## Required action
A single figure is expected: how many lines of the data that follows contain the word "refl".

## Data

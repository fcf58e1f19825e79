-- ===== src/Trigger/Limiter/Verdicts.antt =====
-- What an allowed check says about the limits.
use flokoa.Common.{
  ℕ, zero, suc, ◌<◌, ◌≡◌, ◌↔◌, ℤ, pos, to_int32, is_positive, at_least, false, ◌&&◌, length, Option,
  none, some, arith, subst,
}
use flokoa.Trigger.Config.{LimitsConfig}
use flokoa.Trigger.Limiter.{
  TriggerCounters, Decision, allowed, invocations_per_hour_exceeded, concurrent_tasks_exceeded,
  verdict, verdict_under,
}

pos-at_least :
    (n limit : ℕ)
    → 0 < limit
    → ((is_positive (pos limit) && at_least (pos n) (pos limit)) ≡ false) ↔ (n < limit)
pos-at_least n zero h = ground arith
pos-at_least n (suc limit) h = ground arith

pub verdict_under_iff :
    (n limit : ℕ) (error : ℤ → Decision) (rest : Decision)
    → ((x : ℤ) → error x ≡ allowed → ⊥)
    → 0 < limit
    → (verdict_under (some (pos limit)) (pos n) error rest ≡ allowed)
      ↔ ((n < limit) × (rest ≡ allowed))
unfolding verdict_under
verdict_under_iff n limit error rest ne h = ground (arith, pos-at_least n limit h, ne (pos limit))

pub not-per_hour : (n : ℕ) (x : ℤ) → invocations_per_hour_exceeded n x ≡ allowed → ⊥
not-per_hour n x e = cc

pub not-concurrent : (n x : ℤ) → concurrent_tasks_exceeded n x ≡ allowed → ⊥
not-concurrent n x e = cc

pub under_limit :
    (o : Option ℤ) (n : ℤ) (error : ℤ → Decision) (rest : Decision)
    → ((x : ℤ) → error x ≡ allowed → ⊥)
    → verdict_under o n error rest ≡ allowed
    → rest ≡ allowed
unfolding verdict_under
under_limit none n error rest ne e = e
under_limit (some limit) n error rest ne e = ground (arith, ne limit)

-- Whatever the hourly limit, an allowed check has found the limit of concurrent tasks not reached.
pub verdict-concurrent :
    (c : TriggerCounters) (limits : LimitsConfig) (running at_once : ℕ)
    → limits.max_concurrent_tasks ≡ some (pos at_once)
    → 0 < at_once
    → c.active_tasks ≡ pos running
    → verdict c limits ≡ allowed
    → running < at_once
unfolding verdict
verdict-concurrent c limits running at_once set positive a e =
    let rest =
      under_limit limits.max_invocations_per_hour (to_int32 (pos (length c.invocations)))
        (invocations_per_hour_exceeded (length c.invocations)) _
        (not-per_hour (length c.invocations)) e in
    ((verdict_under_iff running at_once (concurrent_tasks_exceeded (pos running)) allowed
        (not-concurrent (pos running)) positive).0
      (subst
        (λ o.
          verdict_under o (pos running) (concurrent_tasks_exceeded (pos running)) allowed ≡ allowed)
        set
        (subst
          (λ x.
            verdict_under limits.max_concurrent_tasks x (concurrent_tasks_exceeded x) allowed
            ≡ allowed)
          a rest))).0
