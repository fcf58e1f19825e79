-- ===== src/Trigger/Limiter/Window.antt =====
-- The invocations of the last hour.
use flokoa.Common.{ℕ, ◌≤◌, ◌≡◌, refl, List, [], ◌∷◌, ◌++◌, length, arith}
use flokoa.Trigger.Limiter.{recent}

pub recent-append :
    (now : ℕ) (xs ys : List ℕ) → recent now (xs ++ ys) ≡ recent now xs ++ recent now ys
unfolding recent
recent-append now [] ys = refl
recent-append now (x ∷ xs) ys = ground (arith, recent-append now xs ys)

-- What a later look leaves out anyway may be left out before it.
pub recent-recent :
    (now later : ℕ) (xs : List ℕ) → now ≤ later → recent later (recent now xs) ≡ recent later xs
unfolding recent
recent-recent now later [] le = refl
recent-recent now later (x ∷ xs) le = ground (arith, recent-recent now later xs le)

pub length-recent-le :
    (now later : ℕ) (xs : List ℕ) → now ≤ later → length (recent later xs) ≤ length (recent now xs)
unfolding recent
length-recent-le now later [] le = omega arith
length-recent-le now later (x ∷ xs) le = ground (arith, length-recent-le now later xs le)

pub length-recent : (now : ℕ) (xs : List ℕ) → length (recent now xs) ≤ length xs
unfolding recent
length-recent now [] = omega arith
length-recent now (x ∷ xs) = ground (arith, length-recent now xs)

## Response to the exercise
3